Хамахер, отчаянно жестикулируя, пытался утопить французов в бурных водах красноречия.
— Гнет чужеземцев преодолеете не вы, зараженные язвой века, а великий, ведомый королем, нетронутый народ, — кончил он, простирая руки к Эммхен, появившейся в дверях с неизменным подносом.
Мировоззрением своим многоречивый учитель был обязан Геттингенскому университету, где учился в середине двадцатых годов. С тех пор многое изменилось в Германии, — созрели и дошли до Трира новые идеи. Но Хамахер был непоколебим и упорен, как и надлежало древнему германцу: он никогда не имел обыкновения пересматривать то, что не без труда усвоила его узкая голова, закапчивающаяся тевтонским чубом.
Покуда Хамахер ораторствовал, юстиции советник Маркс, опустошая граненый графин, не переставал посмеиваться в бороду.
После Хамахера заговорил, не поднимаясь с места, заезжий гость — адвокат из Франкфурта. Он пытался возражать учителю, доказывая, что национальные идеи отныне сталкиваются уже не с французским гнетом, а с прусским деспотизмом. Как бы случайно оброненное слово «конституция» прозвучало в притихшем зале выстрелом.

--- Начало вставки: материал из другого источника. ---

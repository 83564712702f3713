-- ===== src/Openai/Decoder/Stops.antt =====
-- The starts and the stops of a decoded stream, by the flags of the decoder.
use llmgate.Prelude.{
  ℕ, ◌+◌, ◌≡◌, ◌∙◌, refl, ap, inl, inr, true, false, not, ◌&&◌, Option, none, some, List, [], ◌∷◌,
  ◌++◌, Text, text, is_empty, arith, Bool-cases, Option-cases,
}
use llmgate.Neutral.{Value, NeutralStreamEvent}
use llmgate.Events.{stops, stops-append, starts, starts-append, one_if}
use llmgate.Json.{get, as_array, str_at, and_then, first}
use llmgate.Openai.Decoder.{
  Decoder, Step, new_decoder, parse_tool_call, parse_tool_calls, nonempty, on_delta, note_finish,
  note_usage, on_choice, opening, feed_value, feed, finish,
}

-- Neither a start nor a stop.
record IsQuiet (es : List NeutralStreamEvent) : Type 0 where
  starts : starts es ≡ 0
  stops : stops es ≡ 0

IsQuiet-append : (es es' : List NeutralStreamEvent) → IsQuiet es → IsQuiet es' → IsQuiet (es ++ es')
IsQuiet-append es es' h k = record {
  starts = omega (arith, starts-append es es', h.starts, k.starts);
  stops = omega (arith, stops-append es es', h.stops, k.stops);
}

IsQuiet-nonempty :
    (event : Text → NeutralStreamEvent) (o : Option Text)
    → ((t : Text) → IsQuiet (event t ∷ []))
    → IsQuiet (nonempty event o)
IsQuiet-nonempty event none h = record { starts = refl; stops = refl }
IsQuiet-nonempty event (some t) h = elim (Bool-cases (is_empty t)) [
  | inl empty ↦ rw empty (record { starts = refl; stops = refl })
  | inr more ↦ rw more (h t)
]

IsQuiet-parse_tool_calls :
    (calls : List Value) (seen : List ℕ) → IsQuiet (parse_tool_calls calls seen).0
unfolding parse_tool_calls
IsQuiet-parse_tool_calls [] seen = record { starts = refl; stops = refl }
IsQuiet-parse_tool_calls (call ∷ calls) seen =
    let later = IsQuiet-parse_tool_calls calls (parse_tool_call call seen).1 in
    record { starts = ground (arith, later.starts); stops = ground (arith, later.stops) }

IsQuiet-on_delta : (delta : Option Value) (seen : List ℕ) → IsQuiet (on_delta delta seen).0
unfolding on_delta
IsQuiet-on_delta none seen = record { starts = refl; stops = refl }
IsQuiet-on_delta (some delta) seen =
    let still : (t : Text) → IsQuiet (NeutralStreamEvent.text_delta t ∷ []) =
      λ t. record { starts = refl; stops = refl } in
    let thinking : (t : Text) → IsQuiet (NeutralStreamEvent.reasoning_delta t ∷ []) =
      λ t. record { starts = refl; stops = refl } in
    IsQuiet-append _ _ (IsQuiet-nonempty NeutralStreamEvent.text_delta _ still) (
      IsQuiet-append _ _ (IsQuiet-nonempty NeutralStreamEvent.reasoning_delta _ thinking)
        (IsQuiet-parse_tool_calls _ seen))

-- The flags of a state, which a chunk leaves alone but for the start.
pub record KeepsFlags (d d' : Decoder) : Type 0 where
  pub started : d'.started ≡ d.started
  pub failed : d'.failed ≡ d.failed
  stop_emitted : d'.stop_emitted ≡ d.stop_emitted

note_usage-KeepsFlags : (o : Option Value) (d : Decoder) → KeepsFlags d (note_usage o d)
unfolding note_usage
note_usage-KeepsFlags none d = record { started = refl; failed = refl; stop_emitted = refl }
note_usage-KeepsFlags (some u) d = record { started = refl; failed = refl; stop_emitted = refl }

note_finish-KeepsFlags : (o : Option Text) (d : Decoder) → KeepsFlags d (note_finish o d)
unfolding note_finish
note_finish-KeepsFlags none d = record { started = refl; failed = refl; stop_emitted = refl }
note_finish-KeepsFlags (some r) d = record { started = refl; failed = refl; stop_emitted = refl }

KeepsFlags-trans : (d e f : Decoder) → KeepsFlags d e → KeepsFlags e f → KeepsFlags d f
KeepsFlags-trans d e f h k = record {
  started = k.started ∙ h.started;
  failed = k.failed ∙ h.failed;
  stop_emitted = k.stop_emitted ∙ h.stop_emitted;
}

-- A chunk's choice gives no start and no stop.
pub record IsChoice (d : Decoder) (r : Step) : Type 0 where
  quiet : IsQuiet r.0
  pub flags : KeepsFlags d r.1

pub on_choice-IsChoice :
    (parsed : Value) (choice : Option Value) (d : Decoder) → IsChoice d (on_choice parsed choice d)
unfolding on_choice
on_choice-IsChoice parsed none d = record {
  quiet = record { starts = refl; stops = refl };
  flags = note_usage-KeepsFlags (get (text "usage") parsed) d;
}
on_choice-IsChoice parsed (some choice) d =
    let seen = (on_delta (get (text "delta") choice) d.seen_tool_indices).1 in
    let reason = str_at (text "finish_reason") choice in
    let d' : Decoder = record d { seen_tool_indices = seen } in
    let same : KeepsFlags d d' = record { started = refl; failed = refl; stop_emitted = refl } in
    record {
      quiet = IsQuiet-on_delta (get (text "delta") choice) d.seen_tool_indices;
      flags =
          KeepsFlags-trans d (note_finish reason d') _
            (KeepsFlags-trans d d' _ same (note_finish-KeepsFlags reason d'))
            (note_usage-KeepsFlags (get (text "usage") parsed) (note_finish reason d'));
    }

-- What the flags have counted, and no stop is emitted before the end.
record IsHonest (d : Decoder) (r : Step) : Type 0 where
  started : starts r.0 + one_if d.started ≡ one_if r.1.started
  stopped : stops r.0 ≡ 0
  stop_emitted : r.1.stop_emitted ≡ d.stop_emitted

feed_value-IsHonest : (parsed : Value) (d : Decoder) → IsHonest d (feed_value parsed d)
unfolding feed_value opening
feed_value-IsHonest parsed d = elim (Option-cases (get (text "error") parsed)) [
  | inr (error, failed) ↦
      rw (failed, feed_value)
        (record { started = omega arith; stopped = refl; stop_emitted = refl })
  | inl fine ↦
      let choice = and_then (and_then (get (text "choices") parsed) as_array) first in
      let begun : Decoder = record d { started = true } in
      let c = on_choice-IsChoice parsed choice begun in
      let es = (on_choice parsed choice begun).0 in
      rw (fine, feed_value)
        (record {
          started = ground (
            arith,
            c.quiet.starts,
            ap one_if c.flags.started,
            starts-append (opening parsed d) es,
          );
          stopped = ground (arith, c.quiet.stops, stops-append (opening parsed d) es);
          stop_emitted = c.flags.stop_emitted;
        })
]

module _ (from_str : Text → Option Value) where
  feed-IsHonest : (d : Decoder) (payload : Text) → IsHonest d (feed from_str d payload)
  unfolding feed
  feed-IsHonest d payload = elim (Option-cases (from_str payload)) [
    | inl bad ↦
        rw (bad, feed) (record { started = omega arith; stopped = refl; stop_emitted = refl })
    | inr (parsed, good) ↦ rw (good, feed) (feed_value-IsHonest parsed d)
  ]

  -- The payloads of a stream, one after the other.
  abbrev pub feed_all : Decoder → List Text → Step
  feed_all d [] = ([], d)
  feed_all d (payload ∷ payloads) =
      let (es, d') = feed from_str d payload in
      let (more, d'') = feed_all d' payloads in (es ++ more, d'')

  feed_all-IsHonest : (d : Decoder) (payloads : List Text) → IsHonest d (feed_all d payloads)
  feed_all-IsHonest d [] = record { started = omega arith; stopped = refl; stop_emitted = refl }
  feed_all-IsHonest d (payload ∷ payloads) =
      let one = feed from_str d payload in
      let rest = feed_all one.1 payloads in
      let here = feed-IsHonest d payload in
      let later = feed_all-IsHonest one.1 payloads in
      record {
        started = omega (arith, here.started, later.started, starts-append one.0 rest.0);
        stopped = omega (arith, here.stopped, later.stopped, stops-append one.0 rest.0);
        stop_emitted = later.stop_emitted ∙ here.stop_emitted;
      }

  -- The events of a whole stream.
  abbrev pub decode : List Text → List NeutralStreamEvent
  decode payloads = let (es, d) = feed_all new_decoder payloads in es ++ (finish d).0

  finish_counts :
      (d : Decoder)
      → d.stop_emitted ≡ false
      → (starts (finish d).0 ≡ 0) × (stops (finish d).0 ≡ one_if (d.started && not d.failed))
  unfolding finish
  finish_counts d h = (ground arith, ground arith)

  -- The starts and the stops, by the flags of the state that the payloads leave.
  pub starts-decode :
      (payloads : List Text)
      → (starts (decode payloads) ≡ one_if (feed_all new_decoder payloads).1.started)
        × (stops (feed_all new_decoder payloads).0 ≡ 0)
        × (stops (decode payloads)
            ≡ one_if (
                (feed_all new_decoder payloads).1.started
                && not (feed_all new_decoder payloads).1.failed))
  starts-decode payloads =
      let r = feed_all new_decoder payloads in
      let fed = feed_all-IsHonest new_decoder payloads in
      let ends = finish_counts r.1 fed.stop_emitted in
      (
        omega (arith, fed.started, ends.0, starts-append r.0 (finish r.1).0),
        fed.stopped,
        omega (arith, fed.stopped, ends.1, stops-append r.0 (finish r.1).0),
      )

Шахматисты, пробудившись, покинули столы и сгрудились в дверях, Предусмотрительная Эммхен закрыла окна, хотя улица была безнадежно пуста. Генрих Маркс приподнялся, перестал щуриться.
Франкфуртский адвокат напомнил про обещание короля дать конституцию.
— С тех пор прошло почти двадцать лет, но мы ждем, мы верим, что никто не решится нарушить слово короля.
— Это может сделать сам король, — резким, звонким голосом ответил Генрих Маркс и тяжело закашлялся.
Франкфуртский адвокат подозрительно оглядел зал и поспешил перейти к менее рискованным темам. Обсудили виды на урожай винограда и ожидающиеся гастроли кёльнской оперы.
Король Фридрих-Вильгельм III не только не исполнил клятвы, по подверг жесточайшим репрессиям всех, кто не хотел забыть то, что забыл он сам. Тюрьмы были переполнены, гонения усиливались. Отзвуки Июльской французской революции, лионских восстаний, борьбы за Польшу разъярили прусское правительство, старавшееся подмять под себя все тридцать шесть германских государств.
Мрачный, деспотический прусский король безжалостно преследовал малейшее проявление вольнолюбия.
За разговорами члены «Казино» успевали опустошать множество бутылок и графинов, наполняемых Эммхен в погребе.
Стук бильярдных шаров становился все громче, споры наверху усиливались, языки развязывались. Игроки в вист тихонько напевали песенку мозельских виноделов.
С конца двадцатых годов цены на вино стали падать: для мозельских виноградарей пришли времена жестокой нужды.
Доктор Шлейг, сидящий в центре небольшого кружка друзей, потребовал черного кофе, которым обычно запивал майнский рислинг.
— «Он очутился бы в Рейне»… — подхватил он напев виноделов и вдруг, взглянув на большой календарь с портретом усатого, мутноглазого Фридриха-Вильгельма Прусского, хлопнул себя по лбу: — Двадцать седьмое мая! Вторая годовщина празднества в Гамбахе, когда, идя под черными знаменами, мы пели эту же песню! Я провел лучший день жизни вместе со старым ворчуном Бёрне, Друзья мои, это героическая, вечная в истории Германии дата.
Он замолчал, отдавшись воспоминаниям.
Генрих Маркс, старавшийся оживить свою помертвевшую, полную пепла, трубку, повернулся ближе к Шлейгу, который ему говорил:
— Должен сказать, торжество было проникнуто подлинным либерализмом, добрым радикализмом и, несмотря на близость Рейнской долины с ее романтическими развалинами, замутившими мозги наших поэтов, — безупречным реализмом.
— Не слишком ли много «измов», — сухо вставил Маркс.
— Генрих, вы недоверчивы, как греческий философ, — ответил за Шлейга гимназический учитель древних языков.